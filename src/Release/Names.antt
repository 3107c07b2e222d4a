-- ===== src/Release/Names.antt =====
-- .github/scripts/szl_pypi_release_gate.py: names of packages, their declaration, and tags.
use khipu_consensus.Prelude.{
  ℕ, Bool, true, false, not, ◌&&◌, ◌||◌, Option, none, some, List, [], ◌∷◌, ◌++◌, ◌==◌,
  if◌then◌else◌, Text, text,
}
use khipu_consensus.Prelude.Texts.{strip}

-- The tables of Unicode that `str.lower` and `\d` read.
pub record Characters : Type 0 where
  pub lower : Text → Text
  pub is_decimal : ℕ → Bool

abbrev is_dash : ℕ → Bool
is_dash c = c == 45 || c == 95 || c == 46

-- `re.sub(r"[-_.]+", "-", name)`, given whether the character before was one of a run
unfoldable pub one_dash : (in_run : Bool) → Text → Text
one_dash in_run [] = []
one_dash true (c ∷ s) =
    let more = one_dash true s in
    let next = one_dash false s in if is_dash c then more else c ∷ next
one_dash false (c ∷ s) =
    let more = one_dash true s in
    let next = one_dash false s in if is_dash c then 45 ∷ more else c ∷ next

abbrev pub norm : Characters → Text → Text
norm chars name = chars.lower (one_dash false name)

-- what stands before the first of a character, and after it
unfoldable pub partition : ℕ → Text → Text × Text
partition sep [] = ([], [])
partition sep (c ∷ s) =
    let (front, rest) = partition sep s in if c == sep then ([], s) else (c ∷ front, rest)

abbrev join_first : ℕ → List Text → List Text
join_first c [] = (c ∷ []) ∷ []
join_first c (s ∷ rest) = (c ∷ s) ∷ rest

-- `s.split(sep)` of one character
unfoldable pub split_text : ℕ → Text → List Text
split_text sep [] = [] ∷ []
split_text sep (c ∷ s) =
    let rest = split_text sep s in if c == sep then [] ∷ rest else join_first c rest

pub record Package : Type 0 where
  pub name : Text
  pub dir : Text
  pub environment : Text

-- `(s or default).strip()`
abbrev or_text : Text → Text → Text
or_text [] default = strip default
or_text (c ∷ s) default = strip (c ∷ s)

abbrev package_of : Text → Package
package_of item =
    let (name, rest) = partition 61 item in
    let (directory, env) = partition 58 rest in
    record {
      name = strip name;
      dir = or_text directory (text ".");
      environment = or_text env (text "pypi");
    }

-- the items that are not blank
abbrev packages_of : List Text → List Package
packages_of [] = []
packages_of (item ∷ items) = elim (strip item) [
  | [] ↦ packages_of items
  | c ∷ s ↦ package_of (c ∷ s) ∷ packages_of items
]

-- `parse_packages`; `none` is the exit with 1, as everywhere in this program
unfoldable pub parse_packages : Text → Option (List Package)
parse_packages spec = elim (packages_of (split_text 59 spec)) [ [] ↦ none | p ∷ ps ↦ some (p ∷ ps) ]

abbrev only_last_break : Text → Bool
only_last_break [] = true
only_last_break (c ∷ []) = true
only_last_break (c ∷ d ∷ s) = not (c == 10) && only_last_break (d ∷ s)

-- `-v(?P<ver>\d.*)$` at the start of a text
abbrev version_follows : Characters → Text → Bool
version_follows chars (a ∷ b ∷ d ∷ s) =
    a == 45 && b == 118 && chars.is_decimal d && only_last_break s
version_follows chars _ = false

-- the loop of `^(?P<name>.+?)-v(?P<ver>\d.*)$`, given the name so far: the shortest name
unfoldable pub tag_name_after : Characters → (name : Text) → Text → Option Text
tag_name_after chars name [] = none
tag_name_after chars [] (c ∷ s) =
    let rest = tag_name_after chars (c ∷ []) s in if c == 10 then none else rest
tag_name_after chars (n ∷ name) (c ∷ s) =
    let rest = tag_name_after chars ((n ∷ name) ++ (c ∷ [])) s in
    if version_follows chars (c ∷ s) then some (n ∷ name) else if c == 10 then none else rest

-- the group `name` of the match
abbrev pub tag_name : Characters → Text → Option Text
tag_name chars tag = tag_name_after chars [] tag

=======

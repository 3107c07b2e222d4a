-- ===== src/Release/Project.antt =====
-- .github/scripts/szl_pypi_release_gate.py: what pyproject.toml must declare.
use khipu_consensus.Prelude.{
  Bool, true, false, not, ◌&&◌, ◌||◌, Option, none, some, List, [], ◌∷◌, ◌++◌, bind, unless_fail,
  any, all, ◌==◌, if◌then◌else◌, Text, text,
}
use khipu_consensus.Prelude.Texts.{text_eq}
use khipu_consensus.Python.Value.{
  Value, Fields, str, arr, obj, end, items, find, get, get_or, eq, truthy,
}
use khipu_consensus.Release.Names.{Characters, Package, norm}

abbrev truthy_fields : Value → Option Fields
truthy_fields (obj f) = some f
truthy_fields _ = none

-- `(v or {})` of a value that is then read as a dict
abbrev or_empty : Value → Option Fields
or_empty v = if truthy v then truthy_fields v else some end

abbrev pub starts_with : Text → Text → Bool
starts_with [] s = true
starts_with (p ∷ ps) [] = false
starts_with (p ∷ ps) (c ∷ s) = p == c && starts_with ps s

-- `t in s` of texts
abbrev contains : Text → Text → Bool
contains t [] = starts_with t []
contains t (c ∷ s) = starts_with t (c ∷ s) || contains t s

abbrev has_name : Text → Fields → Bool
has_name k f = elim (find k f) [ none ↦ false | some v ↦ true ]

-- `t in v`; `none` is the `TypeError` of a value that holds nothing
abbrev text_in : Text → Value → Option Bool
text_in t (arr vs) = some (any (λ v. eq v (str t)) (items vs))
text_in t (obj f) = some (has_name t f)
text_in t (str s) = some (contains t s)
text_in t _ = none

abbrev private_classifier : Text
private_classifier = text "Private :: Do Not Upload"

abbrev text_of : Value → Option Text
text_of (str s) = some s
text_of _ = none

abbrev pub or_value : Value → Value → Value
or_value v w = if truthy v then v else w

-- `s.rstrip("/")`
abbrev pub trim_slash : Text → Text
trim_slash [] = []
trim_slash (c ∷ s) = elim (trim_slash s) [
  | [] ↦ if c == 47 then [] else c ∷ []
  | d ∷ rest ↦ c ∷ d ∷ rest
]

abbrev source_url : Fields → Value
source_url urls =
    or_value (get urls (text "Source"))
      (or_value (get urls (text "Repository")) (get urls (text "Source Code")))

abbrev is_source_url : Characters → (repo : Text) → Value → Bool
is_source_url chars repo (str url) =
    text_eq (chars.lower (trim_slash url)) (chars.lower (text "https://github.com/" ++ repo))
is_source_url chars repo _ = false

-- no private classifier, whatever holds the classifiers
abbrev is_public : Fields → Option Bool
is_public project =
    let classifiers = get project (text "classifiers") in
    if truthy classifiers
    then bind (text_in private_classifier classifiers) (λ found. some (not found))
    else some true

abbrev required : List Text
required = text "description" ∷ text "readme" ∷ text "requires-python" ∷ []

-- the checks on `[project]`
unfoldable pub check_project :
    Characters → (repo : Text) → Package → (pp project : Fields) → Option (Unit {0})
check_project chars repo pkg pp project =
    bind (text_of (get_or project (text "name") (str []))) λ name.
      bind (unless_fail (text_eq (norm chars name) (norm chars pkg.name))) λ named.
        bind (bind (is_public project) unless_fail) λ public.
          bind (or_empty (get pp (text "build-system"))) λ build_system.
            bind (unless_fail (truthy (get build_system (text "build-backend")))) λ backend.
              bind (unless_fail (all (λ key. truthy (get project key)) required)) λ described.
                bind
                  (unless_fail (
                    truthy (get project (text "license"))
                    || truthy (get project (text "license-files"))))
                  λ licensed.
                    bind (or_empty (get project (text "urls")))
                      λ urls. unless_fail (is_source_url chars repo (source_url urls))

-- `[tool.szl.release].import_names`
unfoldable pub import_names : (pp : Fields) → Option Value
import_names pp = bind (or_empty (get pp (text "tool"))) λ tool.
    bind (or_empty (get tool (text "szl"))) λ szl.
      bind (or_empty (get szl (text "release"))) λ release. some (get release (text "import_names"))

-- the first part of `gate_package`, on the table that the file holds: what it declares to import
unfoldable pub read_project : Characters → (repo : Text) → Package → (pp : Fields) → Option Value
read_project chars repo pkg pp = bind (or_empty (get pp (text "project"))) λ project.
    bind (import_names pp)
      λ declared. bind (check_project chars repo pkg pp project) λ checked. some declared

=======

Lines to set down from above: the line with "filename src/Release/Names.antt", the line with "pub record Characters : Type 0 where", and every line between, each exactly as written.

filename src/Release/Names.antt
repository 3107c07b2e222d4a
-- ===== src/Release/Names.antt =====
-- .github/scripts/szl_pypi_release_gate.py: names of packages, their declaration, and tags.
use khipu_consensus.Prelude.{
  ℕ, Bool, true, false, not, ◌&&◌, ◌||◌, Option, none, some, List, [], ◌∷◌, ◌++◌, ◌==◌,
  if◌then◌else◌, Text, text,
}
use khipu_consensus.Prelude.Texts.{strip}

-- The tables of Unicode that `str.lower` and `\d` read.
pub record Characters : Type 0 where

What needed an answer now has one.